Even if we didn’t like each other, no one could deny the department had warped priorities regarding Sgt. St. John’s situation. In June, The Seattle Times reported on the sergeant sending a memo to Chief Adrian Diaz about “her staffing crisis in stark terms.” The memo was apparently leaked.

According to The Times, “In September, after a national search, [Mayor Bruce] Harrell chose Diaz as permanent police chief. The Seattle City Council will vote on his appointment during the Jan. 3 council meeting.” I doubt many quality candidates were beating a path to Seattle for the job. And, a positive for Harrell, Diaz plays well with mayors.

“The Seattle Police Department,” The Times also reported, “has lost a significant number of officers and faced increased public scrutiny after the 2020 racial justice protests. Leak investigations rarely result in finding the sources of the leaked information but do stoke fear among employees.” And there you have it!
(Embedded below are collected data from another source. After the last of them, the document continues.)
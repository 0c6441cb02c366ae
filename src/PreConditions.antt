-- ===== src/PreConditions.antt =====
-- Pre-conditions of a resume: `checkAppReadiness`, `checkHealthEndpoint` and `checkPreConditions` of
-- internal/controller/namespacelifecyclepolicy_controller.go.
pub mod Verdict
pub mod Wait
pub mod Looks
use app_lifecycle_kubernetes.Base.{
  ℕ, String, Bool, true, false, not, ◌&&◌, ◌||◌, Option, none, some, List, [], ◌∷◌, ◌++◌, Action,
  Result, ok, err, Error, not_found, message, wrapped, pure, throw, ◌>>=◌, wrapping, any, ◌==◌,
  str_eq, default_if_zero, if◌then◌else◌,
}
use app_lifecycle_kubernetes.Base.Text.{◌+++◌, join, split}
use app_lifecycle_kubernetes.Types.{Policy, PreConditionsConfig, HealthEndpointCheck}
use app_lifecycle_kubernetes.Kube.{Workload, KubeCondition, is_true}
use app_lifecycle_kubernetes.Client.{Client}

-- An HTTP GET with a timeout in seconds, as `net/http` does it: the request may be malformed, which is
-- the error, or it may fail, or it has a status code.
abbrev pub Http : Type 0 → Type 0
Http W = String → ℕ → Action W (Option ℕ)

-- All replicas run, and there are some.
unfoldable pub has_all_replicas : Workload → Bool
has_all_replicas w =
    if w.current_replicas == 0 then false else w.ready_replicas == w.current_replicas

-- The first Available condition decides; a Deployment without one counts as available.
unfoldable pub is_available : List KubeCondition → Bool
is_available [] = true
is_available (c ∷ rest) =
    let later = is_available rest in if str_eq c.type "Available" then is_true c.status else later

abbrev object_path : String → String → String
object_path namespace name = namespace +++ ("/" +++ name)

-- What the second `Get` leads to; an object that is not there is not ready.
unfoldable pub stateful_set_verdict :
    {W : Type 0} → String → String → Result Workload → Action W Bool
unfolding has_all_replicas
stateful_set_verdict namespace name (ok s) = pure (has_all_replicas s)
stateful_set_verdict namespace name (err not_found) = pure false
stateful_set_verdict namespace name (err e) =
    throw (wrapped ("failed to get statefulset " +++ object_path namespace name) e)

-- What the first `Get` leads to: a Deployment's verdict, or a second `Get` for a StatefulSet.
unfoldable pub deployment_verdict :
    {W : Type 0} → Client W → String → String → Result Workload → Action W Bool
unfolding has_all_replicas is_available stateful_set_verdict
deployment_verdict c namespace name (ok d) = pure (has_all_replicas d && is_available d.conditions)
deployment_verdict c namespace name (err not_found) = λ w.
    let (found, w₁) = c.stateful_sets.get namespace name w in
    stateful_set_verdict namespace name found w₁
deployment_verdict c namespace name (err e) =
    throw (wrapped ("failed to get deployment " +++ object_path namespace name) e)

-- A reference is `namespace.name`.
unfoldable pub check_app_parts : {W : Type 0} → Client W → String → List String → Action W Bool
unfolding deployment_verdict
check_app_parts c app (namespace ∷ name ∷ []) = λ w.
    let (found, w₁) = c.deployments.get namespace name w in
    deployment_verdict c namespace name found w₁
check_app_parts c app _ =
    throw (message ("invalid app reference format: " +++ (app +++ " (expected 'namespace.name')")))

unfoldable pub check_app_readiness : {W : Type 0} → Client W → String → Action W Bool
unfolding check_app_parts
check_app_readiness c app = check_app_parts c app (split app ".")

abbrev pub codes_or_default : List ℕ → List ℕ
codes_or_default [] = 200 ∷ 201 ∷ 202 ∷ 204 ∷ []
codes_or_default (code ∷ codes) = code ∷ codes

abbrev pub is_expected : List ℕ → Option ℕ → Bool
is_expected codes none = false
is_expected codes (some code) = any (λ x. code == x) codes

-- A request that fails is no error: the endpoint is not healthy yet.
unfoldable pub check_health_endpoint : {W : Type 0} → Http W → HealthEndpointCheck → Action W Bool
check_health_endpoint http check = do
  answer ←
      wrapping ("failed to create request for " +++ check.url)
        (http check.url (default_if_zero 5 check.timeout_seconds))
  pure (is_expected (codes_or_default check.expected_status_codes) answer)

-- The loop of both kinds of checks: the names of what is not ready, or the first error.
unfoldable pub collect_failed :
    {W A : Type 0}
    → (A → String)
    → String
    → (A → Action W Bool)
    → List A
    → List String
    → Action W (List String)
collect_failed name text check [] failed = pure failed
collect_failed name text check (x ∷ rest) failed = do
  good ← wrapping (text +++ name x) (check x)
  collect_failed name text check rest (if good then failed else failed ++ name x ∷ [])

abbrev pub part : String → List String → List String
part text [] = []
part text (x ∷ rest) = (text +++ join (x ∷ rest) ", ") ∷ []

-- The verdict with its message.
abbrev pub verdict : List String → Bool × String
verdict [] = (true, "All pre-conditions passed")
verdict (m ∷ rest) = (false, join (m ∷ rest) "; ")

unfoldable pub conclude : List String → List String → Bool × String
conclude apps endpoints =
    verdict (part "waiting for apps: " apps ++ part "waiting for endpoints: " endpoints)

unfoldable pub check_configured :
    {W : Type 0} → Client W → Http W → Option PreConditionsConfig → Action W (Bool × String)
unfolding check_app_readiness check_health_endpoint collect_failed conclude
check_configured c http none = pure (true, "")
check_configured c http (some config) =
    if not config.enabled
    then pure (true, "")
    else (collect_failed (λ app. app) "failed to check app readiness for " (check_app_readiness c)
          config.app_readiness_checks []
        >>= λ apps.
            collect_failed (λ check. check.url) "failed to check health endpoint "
              (check_health_endpoint http) config.health_endpoint_checks []
            >>= λ endpoints. pure (conclude apps endpoints))

unfoldable pub check_pre_conditions :
    {W : Type 0} → Client W → Http W → Policy → Action W (Bool × String)
unfolding check_configured
check_pre_conditions c http policy = check_configured c http policy.spec.pre_conditions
I’m throwing the red challenge flag here and reviewing that last quote. It’s not surprising that The Times would betray its radical leftist bias, but after review, the words on the page are overturned. The ruling on the field, “2020 racial justice protests” is overturned to “2020 BLM/Antifa riots.” Please, put 11 seconds back on the clock.
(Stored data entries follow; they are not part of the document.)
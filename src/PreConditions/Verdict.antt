-- ===== src/PreConditions/Verdict.antt =====
-- When pre-conditions are met.
use app_lifecycle_kubernetes.Base.{
  Every, String, Bool, true, false, not, ◌&&◌, some, List, [], ◌∷◌, ◌++◌, map, ◌≡◌, refl, ap, ◌∙◌,
  Action, ok, all, keep, Bool-cases, inl, inr,
}
use mathlib.Core.List.{append-nil, append_assoc}
use app_lifecycle_kubernetes.Types.{Policy, PreConditionsConfig, HealthEndpointCheck}
use app_lifecycle_kubernetes.Client.{Client}
use app_lifecycle_kubernetes.PreConditions.{
  Http, check_app_readiness, check_health_endpoint, collect_failed, conclude, check_configured,
  check_pre_conditions,
}

-- The checks of a list answer, and change nothing.
abbrev pub Answers : {W A : Type 0} → (A → Action W Bool) → (A → Bool) → List A → W → Type 0
Answers check good xs w = Every (λ x. check x w ≡ (ok (good x), w)) xs

collect_failed_lem :
    {W A : Type 0} (name : A → String) (text : String) (check : A → Action W Bool) (good : A → Bool)
    (xs : List A) (failed : List String) (w : W)
    → Answers check good xs w
    → collect_failed name text check xs failed w
      ≡ (ok (failed ++ map name (keep (λ x. not (good x)) xs)), w)
unfolding collect_failed
collect_failed_lem name text check good [] failed w h = rw (append-nil failed) refl
collect_failed_lem name text check good (x ∷ rest) failed w h = elim (Bool-cases (good x)) [
  | inl y ↦ rw h.0 (rw y (collect_failed_lem name text check good rest failed w h.1))
  | inr n ↦ rw h.0 (
      rw n (
        collect_failed_lem name text check good rest (failed ++ name x ∷ []) w h.1
        ∙ rw (append_assoc failed (name x ∷ []) (map name (keep (λ x. not (good x)) rest))) refl))
]

abbrev is_nil : List String → Bool
is_nil [] = true
is_nil (x ∷ xs) = false

is_nil-failed :
    {A : Type 0} (name : A → String) (good : A → Bool) (xs : List A)
    → is_nil (map name (keep (λ x. not (good x)) xs)) ≡ all good xs
is_nil-failed name good [] = refl
is_nil-failed name good (x ∷ rest) = elim (Bool-cases (good x)) [
  | inl y ↦ rw y (is_nil-failed name good rest)
  | inr n ↦ rw n refl
]

conclude-is_nil :
    (apps endpoints : List String) → (conclude apps endpoints).0 ≡ (is_nil apps && is_nil endpoints)
unfolding conclude
conclude-is_nil [] [] = refl
conclude-is_nil [] (e ∷ es) = refl
conclude-is_nil (a ∷ apps) endpoints = refl

module _ {W : Type 0} (c : Client W) (http : Http W) (ready : String → Bool)
    (healthy : HealthEndpointCheck → Bool) where
  check_configured_lem :
      (config : PreConditionsConfig) (w : W)
      → config.enabled ≡ true
      → Answers (check_app_readiness c) ready config.app_readiness_checks w
      → Answers (check_health_endpoint http) healthy config.health_endpoint_checks w
      → (text : String) × (check_configured c http (some config) w ≡ (
        ok (
          all ready config.app_readiness_checks && all healthy config.health_endpoint_checks,
          text,
        ),
        w,
      ))
  unfolding check_configured
  check_configured_lem config w on apps endpoints =
      let failed_apps = map (λ app. app) (keep (λ x. not (ready x)) config.app_readiness_checks) in
      let failed_endpoints =
        map (λ check. check.url) (keep (λ x. not (healthy x)) config.health_endpoint_checks) in
      let passed : (conclude failed_apps failed_endpoints).0
          ≡ (all ready config.app_readiness_checks && all healthy config.health_endpoint_checks) =
        conclude-is_nil failed_apps failed_endpoints
        ∙ rw (is_nil-failed (λ app. app) ready config.app_readiness_checks)
            (rw (is_nil-failed (λ check. check.url) healthy config.health_endpoint_checks) refl) in
      (
        (conclude failed_apps failed_endpoints).1,
        simp on (
            rw
              (collect_failed_lem (λ app. app) "failed to check app readiness for "
                (check_app_readiness c) ready config.app_readiness_checks [] w apps)
              (rw
                (collect_failed_lem (λ check. check.url) "failed to check health endpoint "
                  (check_health_endpoint http) healthy config.health_endpoint_checks [] w endpoints)
                (ap (λ b. (ok (b, (conclude failed_apps failed_endpoints).1), w)) passed))),
      )

-- With pre-conditions switched on and a cluster that answers and holds still while they are checked,
-- the check passes exactly where every application is ready and every endpoint is healthy; one that is
-- not makes no error.
pub check_pre_conditions_lem :
    {W : Type 0} (c : Client W) (http : Http W) (ready : String → Bool)
    (healthy : HealthEndpointCheck → Bool) (policy : Policy) (config : PreConditionsConfig) (w : W)
    → policy.spec.pre_conditions ≡ some config
    → config.enabled ≡ true
    → Answers (check_app_readiness c) ready config.app_readiness_checks w
    → Answers (check_health_endpoint http) healthy config.health_endpoint_checks w
    → (text : String) × (check_pre_conditions c http policy w ≡ (
      ok (all ready config.app_readiness_checks && all healthy config.health_endpoint_checks, text),
      w,
    ))
unfolding check_pre_conditions
check_pre_conditions_lem c http ready healthy policy config w has on apps endpoints =
    let (text, e) = check_configured_lem c http ready healthy config w on apps endpoints in
    (text, ap (λ t. check_configured c http t w) has ∙ e)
Sgt. St. John wrote that she could not “assign adult sexual assault cases” because “the unit just had too few detectives.”

Assistant Chief Deanna Nollette, whom I also worked with and like, in an interview with KUOW, “dismissed St. John’s portrayal of what was happening in her unit as ‘not accurate’ and a ‘gross oversimplification.” This ignores St. John’s accurate assessment of what she was dealing with as the unit’s supervisor. Who would know better? She was the one assigning the cases.

The Times also noted other politicians were skeptical the department staffing shortages were to blame for the sexual assault unit being understaffed. What? As interpreted by The Times, one state senator proclaimed, “the sexual assault unit’s problems were about priorities, not adequate staffing.” So, not investigating lower priority sex crimes because of inadequate staffing is okay, then.

The radical left likes to talk about “systemic” this and that. Well, police staffing problems are systemic. When there are not enough patrol officers to respond immediately to any preliminary investigation, the case begins at a deficit regarding evidence, witnesses, and apprehending suspects. And that deficiency is felt in the detective units.

Also, when patrol is depleted, meaning they don’t have enough officers to respond to 911 calls, which is any law enforcement agency’s priority, patrol staffing has to come from somewhere. That’s usually from specialty and follow-up (detective) units.

So, how did the command staff handle someone leaking Sgt. St. John’s memo? By investigating the sergeant for allegedly doing it. Reportedly, Nollette initiated the investigation the day after KUOW released the memo leak.

The problem is, in clearing Sgt. St. John, investigators never determined the leaker’s identity because there were too many people who could have leaked the memo.

Executive director of the Sexual Violence Law Center in Seattle, Riddhi Mukhopadhyay, noted, “It’s unfortunate that it was instead a basis to launch an investigation into the author of the memo.” She also pointed out that “it was ‘shameful and disappointing’ the department would devote resources to the leak investigation while it claimed it had too few people to investigate sexual assaults.”

That’s a poignant observation.

Mukhopadhyay shouldn’t be surprised. I knew we (cops) didn’t stand a chance with the city, especially after, many years ago, they authorized investigating third-party anonymous complaints against police officers. This madness is not nearly new to Seattle. It’s just worse, which no one ever thinks it can get, but the city never disappoints in going lower with their treatment of the city’s police officers.

Good for Sgt. Pamela St. John for surviving yet another department investigation of an officer who dared to tell the truth.